Joseph Coors


Joseph "Joe" Coors, Sr., was the grandson of brewer Adolph Coors and president of Coors Brewing Company.

Birth and education

Coors was born in 1917 to Alice May Kistler and Adolph Coors II. His siblings include Adolph Coors III and William Coors. He graduated from Cornell University in 1939 with a degree in chemical engineering, staying to earn a master's degree in 1940. His brother Adolph Coors III and cousin Dallas Morse Coors were his classmates, and all three were members of Kappa Alpha Society and Quill and Dagger society.

Marriage

He married Edith Holland "Holly" Hanson in 1941 and had five sons, Joseph "Joe Jr.",, Jeffrey "Jeff", Peter "Pete", Grover and John. He divorced Holly in 1987 after nearly 50 years of marriage. His son Jeff described him as an adulterer and a sinner. He married Anne Elizabeth Drotning in 1988.

Sons of Joe and Holly

Joe Sr. and Holly had 28 grandchildren, and 24 great grandchildren at the time of Holly's death in 2009. Grandchildren Holly, Brad, Doug, Timothy, Michael, Andrew and Jonathan are all employees of CoorsTek.

Brewing career

After graduation, he began work in the Coors Porcelain Co., the porcelain business that helped the company survive Prohibition. With his brother William Coors, Joseph refined the cold-filtered beer manufacturing system and began America's first large-scale recycling program by offering one-cent returns on Coors aluminum cans. He served one term as a regent of the University of Colorado from 1967 to 1972, attempting to quell what he considered to be campus radicalism during the Vietnam war.
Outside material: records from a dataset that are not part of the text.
-- ===== src/Node.antt =====
-- main.rs: the node, whose threads share the chain and send each other signals and messages. A turn is what
-- one thread does at once. Whether a connection is still the one that a message came from, the random
-- numbers and the times are arguments.
pub mod Outgoing
pub mod Sound
pub mod Step
pub mod Turns
pub mod Known
use ce334_bitcoin_client.Prelude.{
  ℕ, ◌==◌, Bool, true, false, Option, none, some, List, [], ◌∷◌, ◌++◌, Outcome, done, panicked,
  ◌>>=◌, if◌then◌else◌,
}
use ce334_bitcoin_client.Platform.{Platform}
use ce334_bitcoin_client.Blockchain.{Blockchain, new}
use ce334_bitcoin_client.Network.Message.{Message}
use ce334_bitcoin_client.Network.Slab.{Slabs}
use ce334_bitcoin_client.Network.Server.{
  Peer, Server, PollCall, IoResult, ok, err, Delivery, SocketEnd, Inlet, Outlet, Event,
  control_event, incoming_event, peer_event, ControlSignal, connect_new_peer, new_server, enqueue,
  handle_event,
}
use ce334_bitcoin_client.Network.Worker.{Effect, handle_message}
use ce334_bitcoin_client.Network.Worker
use ce334_bitcoin_client.Miner.{
  Miner, OperatingState, paused, shut_down, Received, signal, empty, miner_iteration,
}
use ce334_bitcoin_client.Miner
use ce334_bitcoin_client.TransactionGenerator.{generation_iteration}
use ce334_bitcoin_client.Api.{Channel, Handles, Url, send, handle_request}
use ce334_bitcoin_client.Api

-- What the threads keep and what waits in their channels.
pub record Node (S : Slabs Peer) : Type 0 where
  pub chain : Blockchain
  pub miner : Miner
  pub server : Server S
  -- the worker threads; the panic of one is the panic of the run
  pub workers : ℕ
  -- the messages that wait for a worker
  pub inbox : List Delivery
  -- the generator: whether its loop runs, and `next_sender_acc`
  pub is_generating : Bool
  pub next_sender_acc : ℕ
  pub handles : Handles

abbrev pub open_channel : {A : Type 0} → Channel A
open_channel = record { queue = []; is_open = true }

-- `main`, as far as the threads: the parts that are started
abbrev pub start_node : (p : Platform) (S : Slabs Peer) → (p2p_workers : ℕ) → Node S
start_node p S p2p_workers = record {
  chain = new p;
  miner = record { operating_state = paused; current_block = none };
  server = new_server S;
  workers = p2p_workers;
  inbox = [];
  is_generating = false;
  next_sender_acc = 0;
  handles = record { miner = open_channel; network = open_channel; tx_gen = open_channel };
}

pub data Turn : Type 0 where
  -- a worker handles a message; whether the message's connection is still there
  worker_turn : (is_connected : Bool) → Turn
  miner_turn : (random created now : ℕ) → Turn
  generator_turn : (random_receiver random_validity : ℕ) → Turn
  request_turn : Url → Turn
  -- the thread that connects to the known peers asks for a connection
  connect_turn : (connects peer_new : Bool) → Turn
  -- the server's loop takes the signals, streams, or an event of a connection
  control_turn : Turn
  incoming_turn : List Bool → (is_broken : Bool) → Turn
  peer_turn :
      (token : ℕ) → (readable : Option (List ℕ × SocketEnd)) → (writable : Option Outlet) → Turn

-- what `try_recv` gives the miner, and what waits then
abbrev pub receive : List Miner.ControlSignal → Received × List Miner.ControlSignal
receive [] = (empty, [])
receive (s ∷ rest) = (signal s, rest)

-- The miner's thread has its end of the channel until it shuts down.
abbrev pub listens : OperatingState → Bool
listens shut_down = false
listens _ = true

-- What a socket gives while there are that many workers: with none, no message can be sent to them.
abbrev pub heard_by : ℕ → Option (List ℕ × SocketEnd) → Option Inlet
heard_by workers none = none
heard_by workers (some (available, end)) =
    some (available, end, if workers == 0 then some 0 else none)

unfoldable pub broadcast_all : List Message → Handles → Outcome Handles
unfolding Api.broadcast
broadcast_all [] h = done h
broadcast_all (m ∷ ms) h = do h' ← Api.broadcast m h; broadcast_all ms h'

module _ (p : Platform) (S : Slabs Peer) (serialize : Message → List ℕ)
    (deserialize : List ℕ → Option Message) (poll : PollCall → Bool) where
  -- `peer.write` of a worker
  unfoldable pub write_to : Bool → ℕ → Message → Server S → Server S
  unfolding enqueue
  write_to false k m s = s
  write_to true k m s = elim (S.get k s.peers) [
    | none ↦ s
    | some peer ↦ record s { peers = S.update k (enqueue (serialize m) peer) s.peers }
  ]

  unfoldable pub act : Bool → ℕ → List Effect → Node S → Outcome (Node S)
  unfolding write_to Api.broadcast
  act is_connected k [] n = done n
  act is_connected k (Effect.write m ∷ effects) n =
      act is_connected k effects (record n { server = write_to is_connected k m n.server })
  act is_connected k (Effect.broadcast m ∷ effects) n = do
    h ← Api.broadcast m n.handles
    act is_connected k effects (record n { handles = h })

  -- an event of the poll, while the server's loop runs; an error ends it
  unfoldable pub serve : Event → Node S → Outcome (Node S)
  unfolding handle_event
  serve event n = elim n.handles.network.is_open [
    | false ↦ done n
    | true ↦ do
      (result, server, delivered) ← handle_event S serialize poll event n.server
      let runs : Bool = elim result [ ok ↦ true | err ↦ false ]
      done (record n {
        server = server;
        inbox = n.inbox ++ delivered;
        handles = record n.handles { network = record n.handles.network { is_open = runs } };
      })
  ]

  unfoldable pub take_turn : Turn → Node S → Outcome (Node S)
  unfolding act serve broadcast_all
  take_turn (worker_turn is_connected) n = elim n.inbox [
    | [] ↦ done n
    | (msg, k) ∷ rest ↦ elim (deserialize msg) [
      | none ↦ panicked
      | some m ↦ do
        (effects, chain) ← handle_message p m n.chain
        act is_connected k effects (record n { chain = chain; inbox = rest })
    ]
  ]
  take_turn (miner_turn random created now) n = do
    let (received, rest) = receive n.handles.miner.queue
    (miner, broadcasts, chain) ← miner_iteration p received random created now n.miner n.chain
    handles ← broadcast_all broadcasts (record n.handles {
      miner = record { queue = rest; is_open = listens miner.operating_state };
    })
    done (record n { miner = miner; chain = chain; handles = handles })
  take_turn (generator_turn random_receiver random_validity) n = elim n.handles.tx_gen.queue [
    | [] ↦ done n
    | _ ∷ rest ↦
        let taken = record n.handles { tx_gen = record n.handles.tx_gen { queue = rest } } in
        elim n.is_generating [
          | false ↦ done (record n { is_generating = true; handles = taken })
          | true ↦ do
            (next_sender_acc, message, chain) ←
                generation_iteration p n.next_sender_acc random_receiver random_validity n.chain
            handles ← Api.broadcast message taken
            done (record n { chain = chain; next_sender_acc = next_sender_acc; handles = handles })
        ]
  ]
  take_turn (request_turn url) n = do
    (_, handles) ← handle_request url n.chain n.handles
    done (record n { handles = handles })
  take_turn (connect_turn connects peer_new) n = do
    network ← send (connect_new_peer connects peer_new) n.handles.network
    done (record n { handles = record n.handles { network = network } })
  take_turn control_turn n =
      let idle = record n.handles { network = record n.handles.network { queue = [] } } in
      serve (control_event n.handles.network.queue true) (record n { handles = idle })
  take_turn (incoming_turn streams is_broken) n = serve (incoming_event streams is_broken) n
  take_turn (peer_turn token readable writable) n =
      serve (peer_event token (heard_by n.workers readable) writable) n

  unfoldable pub take_turns : List Turn → Node S → Outcome (Node S)
  unfolding take_turn
  take_turns [] n = done n
  take_turns (turn ∷ turns) n = do n' ← take_turn turn n; take_turns turns n'
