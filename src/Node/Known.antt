-- ===== src/Node/Known.antt =====
-- The loop of main.rs that connects to the known peers and tries again. The parsing of an address and
-- what each attempt gives are arguments; the wait between attempts is left out.
use ce334_bitcoin_client.Prelude.{
  ℕ, zero, suc, ◌≡◌, refl, ap, Bool, true, false, Option, none, some, List, [], ◌∷◌, ◌++◌, length,
  sym, arith, Option-cases, inl, inr, take, leb,
}
use ce334_bitcoin_client.Api.{Text}

-- The attempts of a run, each with its result, and whether the thread has come to its end.
pub record Attempts (A : Type 0) : Type 0 where
  pub made : List (A × Bool)
  pub is_over : Bool

-- The inner loop, with the results of `server.connect` to come: what it tries, and the results that it
-- leaves, or none where it waits for one.
unfoldable pub retry : {A : Type 0} → A → List Bool → List (A × Bool) × Option (List Bool)
retry addr [] = ([], none)
retry addr (true ∷ results) = ((addr, true) ∷ [], some results)
retry addr (false ∷ results) = let (made, left) = retry addr results in ((addr, false) ∷ made, left)

module _ {A : Type 0} (parse : Text → Option A) where
  unfoldable pub connect_known_peers : List Text → List Bool → Attempts A
  unfolding retry
  connect_known_peers [] results = record { made = []; is_over = true }
  connect_known_peers (peer ∷ peers) results = elim (parse peer) [
    | none ↦ connect_known_peers peers results
    | some addr ↦
        let (made, left) = retry addr results in
        elim left [
          | none ↦ record { made = made; is_over = false }
          | some rest ↦
              let run = connect_known_peers peers rest in
              record { made = made ++ run.made; is_over = run.is_over }
        ]
  ]

  unfoldable pub addresses : List Text → List A
  addresses [] = []
  addresses (peer ∷ peers) = elim (parse peer) [
    | none ↦ addresses peers
    | some addr ↦ addr ∷ addresses peers
  ]

abbrev pub successes : List Bool → ℕ
successes [] = 0
successes (true ∷ results) = suc (successes results)
successes (false ∷ results) = successes results

abbrev pub connected : {A : Type 0} → List (A × Bool) → List A
connected [] = []
connected ((addr, true) ∷ made) = addr ∷ connected made
connected ((addr, false) ∷ made) = connected made

take-nil : {A : Type 0} (n : ℕ) → take {A = A} n [] ≡ []
take-nil zero = refl
take-nil (suc n) = refl

-- What the inner loop makes of one address.
abbrev Tried : {A : Type 0} → A → List Bool → List (A × Bool) × Option (List Bool) → Type 0
Tried addr results (made, none) = (successes results ≡ 0) × (connected made ≡ [])
Tried addr results (made, some rest) =
    (successes results ≡ suc (successes rest)) × (connected made ≡ addr ∷ [])

also-Tried :
    {A : Type 0} (addr : A) (results : List Bool) (r : List (A × Bool) × Option (List Bool))
    → Tried addr results r
    → Tried addr (false ∷ results) ((addr, false) ∷ r.0, r.1)
also-Tried addr results (made, none) t = t
also-Tried addr results (made, some rest) t = t

retry-Tried :
    {A : Type 0} (addr : A) (results : List Bool) → Tried addr results (retry addr results)
unfolding retry
retry-Tried addr [] = (refl, refl)
retry-Tried addr (true ∷ results) = (refl, refl)
retry-Tried addr (false ∷ results) =
    also-Tried addr results (retry addr results) (retry-Tried addr results)

connected-append :
    {A : Type 0} (made more : List (A × Bool))
    → connected (made ++ more) ≡ connected made ++ connected more
connected-append [] more = refl
connected-append ((addr, true) ∷ made) more = ap (◌∷◌ addr) (connected-append made more)
connected-append ((addr, false) ∷ made) more = connected-append made more

module _ {A : Type 0} (parse : Text → Option A) where
  abbrev Reaches : List A → List Bool → Attempts A → Type 0
  Reaches addrs results run =
      (connected run.made ≡ take (successes results) addrs)
      × (run.is_over ≡ leb (length addrs) (successes results))

  after_retry :
      (addr : A) (peers : List Text) (results : List Bool)
      (r : List (A × Bool) × Option (List Bool))
      → Tried addr results r
      → ((rest : List Bool)
          → Reaches (addresses parse peers) rest (connect_known_peers parse peers rest))
      → Reaches (addr ∷ addresses parse peers) results (elim r.1 [
        | none ↦ record { made = r.0; is_over = false }
        | some rest ↦
            let run = connect_known_peers parse peers rest in
            record { made = r.0 ++ run.made; is_over = run.is_over }
      ])
  after_retry addr peers results (made, none) t further = (rw (t.0, t.1) refl, ground (arith, t.0))
  after_retry addr peers results (made, some rest) t further =
      let (reached, over) = further rest in
      (rw (connected-append, t.0, t.1, reached) refl, rw (over, t.0) (ground arith))

  -- The thread connects to the known peers whose addresses can be parsed, in their order and each once, one
  -- for each attempt that succeeds, and it ends exactly if as many attempts succeed as there are such peers.
  pub connect_known_peers-Reaches :
      (peers : List Text) (results : List Bool)
      → Reaches (addresses parse peers) results (connect_known_peers parse peers results)
  unfolding connect_known_peers addresses
  connect_known_peers-Reaches [] results = (sym (take-nil (successes results)), ground arith)
  connect_known_peers-Reaches (peer ∷ peers) results = elim (Option-cases (parse peer)) [
    | inl unparsed ↦
        rw (connect_known_peers, addresses, unparsed) (connect_known_peers-Reaches peers results)
    | inr (addr, parsed) ↦
        rw (connect_known_peers, addresses, parsed)
          (after_retry addr peers results (retry addr results) (retry-Tried addr results)
            (connect_known_peers-Reaches peers))
  ]
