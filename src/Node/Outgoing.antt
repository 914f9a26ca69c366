-- ===== src/Node/Outgoing.antt =====
-- The signals that wait for the server, and the blocks that they announce (main.rs, network/server.rs).
use ce334_bitcoin_client.Prelude.{
  ◌≡◌, refl, true, List, [], ◌∷◌, ◌==k◌, All, All-append, All-mono, arith, Returns, Returns-bind,
}
use ce334_bitcoin_client.Crypto.Hash.{H256, h256_key}
use ce334_bitcoin_client.Platform.{Platform}
use ce334_bitcoin_client.Blockchain.{Blockchain}
use ce334_bitcoin_client.Blockchain.Insert.{elem, elem-append}
use ce334_bitcoin_client.Blockchain.Growth.{IsStored, ComesAfter, IsStored-ComesAfter}
use ce334_bitcoin_client.Network.Message.{Message}
use ce334_bitcoin_client.Network.Server.{ControlSignal, connect_new_peer, broadcast_message}
use ce334_bitcoin_client.Network.Worker.{Effect}
use ce334_bitcoin_client.Network.Worker.Announced.{block_hashes, announced_by, announced}
use ce334_bitcoin_client.Api.{Url, Handles, Response, api_response, text_response, send}
use ce334_bitcoin_client.Api
use ce334_bitcoin_client.Api.Answers.{
  IsAnswer, broken_url, no_lambda, bad_lambda, starts, exits, generates, no_generator, shows_status,
  pings, no_endpoint,
}
use ce334_bitcoin_client.Node.{broadcast_all}

abbrev announced_hashes : ControlSignal → List H256
announced_hashes (broadcast_message m) = block_hashes m
announced_hashes (connect_new_peer connects peer_new) = []

-- The server's loop runs, and the blocks that waiting signals announce are stored.
abbrev pub IsOutgoing : Blockchain → Handles → Type 0
IsOutgoing bc h =
    (h.network.is_open ≡ true)
    × All (λ signal. All (IsStored bc) (announced_hashes signal)) h.network.queue

pub IsOutgoing-ComesAfter :
    (p : Platform) (bc bc' : Blockchain) (h : Handles)
    → ComesAfter p bc bc'
    → IsOutgoing bc h
    → IsOutgoing bc' h
IsOutgoing-ComesAfter p bc bc' h later o = (
  o.0,
  All-mono _ _ h.network.queue
      (λ signal stored.
        All-mono (IsStored bc) (IsStored bc') (announced_hashes signal)
          (IsStored-ComesAfter p bc bc' later) stored)
      o.1,
)

pub send-IsOutgoing :
    (bc : Blockchain) (signal : ControlSignal) (h : Handles)
    → All (IsStored bc) (announced_hashes signal)
    → IsOutgoing bc h
    → Returns (λ network. IsOutgoing bc (record h { network = network })) (send signal h.network)
unfolding send
send-IsOutgoing bc signal h stored o =
    rw (send, o.0)
      (
        refl,
        All-append (λ s. All (IsStored bc) (announced_hashes s)) h.network.queue (signal ∷ []) o.1
            (stored, tt),
      )

pub broadcast-IsOutgoing :
    (bc : Blockchain) (m : Message) (h : Handles)
    → All (IsStored bc) (block_hashes m)
    → IsOutgoing bc h
    → Returns (IsOutgoing bc) (Api.broadcast m h)
unfolding Api.broadcast
broadcast-IsOutgoing bc m h stored o =
    Returns-bind _ (IsOutgoing bc) _ (send (broadcast_message m) h.network)
      (send-IsOutgoing bc (broadcast_message m) h stored o) (λ network o'. o')

pub broadcast_all-IsOutgoing :
    (bc : Blockchain) (ms : List Message) (h : Handles)
    → All (λ m. All (IsStored bc) (block_hashes m)) ms
    → IsOutgoing bc h
    → Returns (IsOutgoing bc) (broadcast_all ms h)
unfolding broadcast_all
broadcast_all-IsOutgoing bc [] h stored o = o
broadcast_all-IsOutgoing bc (m ∷ ms) h stored o =
    Returns-bind (IsOutgoing bc) (IsOutgoing bc) _ (Api.broadcast m h)
      (broadcast-IsOutgoing bc m h stored.0 o)
      (λ h' o'. broadcast_all-IsOutgoing bc ms h' stored.1 o')

-- An answer to a request announces no block.
pub IsAnswer-IsOutgoing :
    (bc : Blockchain) (h : Handles) (url : Url) (r : Response × Handles)
    → IsOutgoing bc h
    → IsAnswer bc h url r
    → IsOutgoing bc r.1
IsAnswer-IsOutgoing bc h url r o (broken_url e) = o
IsAnswer-IsOutgoing bc h url r o (no_lambda path pairs here missing) = o
IsAnswer-IsOutgoing bc h url r o (bad_lambda path pairs lambda k here given no_numeral) = o
IsAnswer-IsOutgoing bc h url r o (starts path pairs lambda v here given numeral) = o
IsAnswer-IsOutgoing bc h url r o (exits path pairs here) = o
IsAnswer-IsOutgoing bc h url r o (generates path pairs here alive) = o
IsAnswer-IsOutgoing bc h url r o (no_generator path pairs here gone) = o
IsAnswer-IsOutgoing bc h url r o (shows_status path pairs latest here found) = o
IsAnswer-IsOutgoing bc h url r o (pings path pairs here) =
    (o.0, All-append (λ s. All (IsStored bc) (announced_hashes s)) h.network.queue _ o.1 (tt, tt))
IsAnswer-IsOutgoing bc h url r o (no_endpoint path pairs a b c d e) = o

abbrev pub AreStored : Blockchain → List Effect → Type 0
AreStored bc effects = All (λ effect. All (IsStored bc) (announced_by effect)) effects

hashes-IsStored :
    (bc : Blockchain) (hashes : List H256)
    → ((k : H256) → elem k hashes ≡ true → IsStored bc k)
    → All (IsStored bc) hashes
unfolding elem
hashes-IsStored bc [] h = tt
hashes-IsStored bc (k ∷ hashes) h =
    let itself : (k ==k k) ≡ true = (h256_key.beq_iff k k).1 refl in
    (h k (ground (arith, itself)), hashes-IsStored bc hashes (λ j q. h j (ground (arith, q))))

-- What is among the announced hashes is announced by one of the effects.
pub effects-AreStored :
    (bc : Blockchain) (effects : List Effect)
    → ((k : H256) → elem k (announced effects) ≡ true → IsStored bc k)
    → AreStored bc effects
unfolding announced
effects-AreStored bc [] h = tt
effects-AreStored bc (effect ∷ effects) h = (
  hashes-IsStored bc (announced_by effect)
      (λ k q. h k (ground (arith, q, elem-append k (announced_by effect) (announced effects)))),
  effects-AreStored bc effects
      (λ k q. h k (ground (arith, q, elem-append k (announced_by effect) (announced effects)))),
)
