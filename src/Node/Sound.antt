-- ===== src/Node/Sound.antt =====
-- What the turns of the node's threads keep (main.rs and the parts that it starts).
use ce334_bitcoin_client.Prelude.{
  ◌≤◌, ℕ, ◌<◌, ◌≡◌, refl, Bool, true, false, Option, some, List, [], ◌∷◌, inl, inr, Returns,
  Returns-bind, Option-cases,
}
use ce334_bitcoin_client.Platform.{Platform}
use ce334_bitcoin_client.Blockchain.Reach.{Reach}
use ce334_bitcoin_client.Network.Message.{Message}
use ce334_bitcoin_client.Network.Slab.{Slabs, IsSlabs}
use ce334_bitcoin_client.Network.Server.{
  Peer, Server, PollCall, Event, peer_event, enqueue, handle_event,
}
use ce334_bitcoin_client.Network.Server.Kept.{IsServing, update-IsServing, enqueue-IsSound}
use ce334_bitcoin_client.Network.Server.Events.{
  IsStale, IsFatal, fails, Handled, handle_event-outcome,
}
use ce334_bitcoin_client.Network.Worker.{Effect}
use ce334_bitcoin_client.Api.{text_response, api_response, Response, Handles, send, handle_request}
use ce334_bitcoin_client.Api
use ce334_bitcoin_client.Miner.Announced.{IsWorkIfAny}
use ce334_bitcoin_client.Node.Outgoing.{IsOutgoing, AreStored, broadcast-IsOutgoing}
use ce334_bitcoin_client.Node.{
  Node, Turn, worker_turn, miner_turn, generator_turn, request_turn, connect_turn, control_turn,
  incoming_turn, peer_turn, heard_by, write_to, act, serve,
}

module _ (p : Platform) (S : Slabs Peer) (laws : IsSlabs S) (serialize : Message → List ℕ)
    (deserialize : List ℕ → Option Message) (poll : PollCall → Bool) where
  -- The chain is reachable, the server is sound and its loop runs, there is a worker, the generator's sender is one of its
  -- ten accounts, the miner has a block to work on or none, and what waits to be announced is stored.
  pub record IsSafe (n : Node S) : Type 0 where
    pub reached : Reach p n.chain
    pub serving : IsServing S laws serialize poll n.server
    pub staffed : 1 ≤ n.workers
    pub sender : n.next_sender_acc < 10
    pub working : IsWorkIfAny p n.chain n.miner.current_block
    pub outgoing : IsOutgoing n.chain n.handles

  -- The bytes that a worker takes are a message, no request comes once the miner has ended, the listener
  -- does not fail, and no event is of the write queue of a peer that is not connected.
  abbrev pub IsAllowed : Turn → Node S → Type 0
  IsAllowed (worker_turn is_connected) n = elim n.inbox [
    | [] ↦ Unit
    | (msg, k) ∷ rest ↦ (m : Message) × (deserialize msg ≡ some m)
  ]
  IsAllowed (miner_turn random created now) n = Unit
  IsAllowed (generator_turn random_receiver random_validity) n = Unit
  IsAllowed (request_turn url) n = n.handles.miner.is_open ≡ true
  IsAllowed (connect_turn connects peer_new) n = Unit
  IsAllowed control_turn n = Unit
  IsAllowed (incoming_turn streams is_broken) n = is_broken ≡ false
  IsAllowed (peer_turn token readable writable) n =
      ¬ IsStale S laws serialize poll (peer_event token (heard_by n.workers readable) writable)
        n.server

  write_to-IsServing :
      (is_connected : Bool) (k : ℕ) (m : Message) (s : Server S)
      → IsServing S laws serialize poll s
      → IsServing S laws serialize poll (write_to p S serialize deserialize poll is_connected k m s)
  unfolding write_to
  write_to-IsServing false k m s v = v
  write_to-IsServing true k m s v = elim (Option-cases (S.get k s.peers)) [
    | inl absent ↦ rw (write_to, absent) v
    | inr (peer, found) ↦
        rw (write_to, found)
          (update-IsServing S laws serialize poll k peer (enqueue (serialize m) peer) s found
            (enqueue-IsSound (serialize m) peer (v.sound k peer found)) v)
  ]

  pub act-IsSafe :
      (is_connected : Bool) (k : ℕ) (effects : List Effect) (n : Node S)
      → IsSafe n
      → AreStored n.chain effects
      → Returns IsSafe (act p S serialize deserialize poll is_connected k effects n)
  unfolding act
  act-IsSafe c k [] n safe stored = safe
  act-IsSafe c k (Effect.write m ∷ effects) n safe stored =
      act-IsSafe c k effects
        (record n { server = write_to p S serialize deserialize poll c k m n.server })
        (record {
          reached = safe.reached;
          serving = write_to-IsServing c k m n.server safe.serving;
          staffed = safe.staffed;
          sender = safe.sender;
          working = safe.working;
          outgoing = safe.outgoing;
        })
        stored.1
  act-IsSafe c k (Effect.broadcast m ∷ effects) n safe stored =
      Returns-bind (IsOutgoing n.chain) IsSafe _ (Api.broadcast m n.handles)
        (broadcast-IsOutgoing n.chain m n.handles stored.0 safe.outgoing)
        (λ h s.
          act-IsSafe c k effects (record n { handles = h })
            (record {
              reached = safe.reached;
              serving = safe.serving;
              staffed = safe.staffed;
              sender = safe.sender;
              working = safe.working;
              outgoing = s;
            })
            stored.1)

  pub serve-IsSafe :
      (event : Event) (n : Node S)
      → IsSafe n
      → ((c : PollCall) → poll c ≡ true)
      → ¬ IsFatal S laws serialize poll event n.server
      → fails S laws serialize poll event ≡ false
      → Returns IsSafe (serve p S serialize deserialize poll event n)
  unfolding serve
  serve-IsSafe event n safe granted fresh holds =
      elim (handle_event-outcome S laws serialize poll granted event n.server safe.serving) [
        | inl fatal ↦ absurd (fresh fatal.0)
        | inr handled ↦
            rw (serve, safe.outgoing.0)
              (Returns-bind (Handled S laws serialize poll (fails S laws serialize poll event))
                IsSafe _ (handle_event S serialize poll event n.server) handled.1
                (λ r h.
                  rw (h.0, holds)
                    (record {
                      reached = safe.reached;
                      serving = h.1;
                      staffed = safe.staffed;
                      sender = safe.sender;
                      working = safe.working;
                      outgoing = (refl, safe.outgoing.1);
                    })))
      ]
He served as president of Coors from 1977 to 1985, and chief operating officer from 1980 to 1988. His leadership helped expand Coors beer distribution from 11 Western states in the 1970s to the entire United States by the early 1990s.

Politics

Coors was perhaps best known for his conservative politics and his support of Barry Goldwater and Ronald Reagan, whom he first met in Palm Springs, California in 1967. His brother William Coors once described him as "a little bit right of Attila the Hun". A founding member of the conservative Washington Heritage Foundation think tank in 1973 along with Paul Weyrich and Edwin Feulner, Coors provided $250,000 to cover its first year budget, and $300,000/year thereafter. He was also involved with the founding of the Free Congress Foundation and the Council for National Policy. He was a member of Ronald Reagan's Kitchen Cabinet after helping finance Reagan's political career as governor of California and U.S. president, and was later nominated by Reagan to sit on the board of the Corporation for Public Broadcasting.
Brewery Workers Local 366 in Golden, Colorado struck the Coors plant in August 1977. Coors continued brewery operations and replaced the striking workers who stayed out. The new workers voted to decertify the union in December 1978, officially ending the strike. The strike and decertification caused a 10-year boycott of Coors by the AFL-CIO. In the aftermath of the strike Coors required new employees to take lie detector tests, which were discontinued in August 1986.
In 1977 after a regional agreement prevented the movement of toxic aluminum waste from aluminum can production across adjacent state borders, Coors set up the Mountain States Legal Foundation, headed by local lawyer James G. Watt to fight the environmental constraints in the courts. Watt later became U.S. Secretary of the Interior, and appointed local attorney Anne Gorsuch as head of the Environmental Protection Agency to dismantle toxic waste disposal laws, causing an outcry that got her sacked by Reagan after 22 months, after which Watt was forced to resign for politically-insensitive remarks.
Coors was also known to have privately donated $65,000 to buy a light cargo plane for the Contras' effort in Nicaragua during Reagan's presidency. That donation went through National Security Council adviser Oliver North.

Death

Coors died in Rancho Mirage, California, after a three-month battle with lymphatic cancer.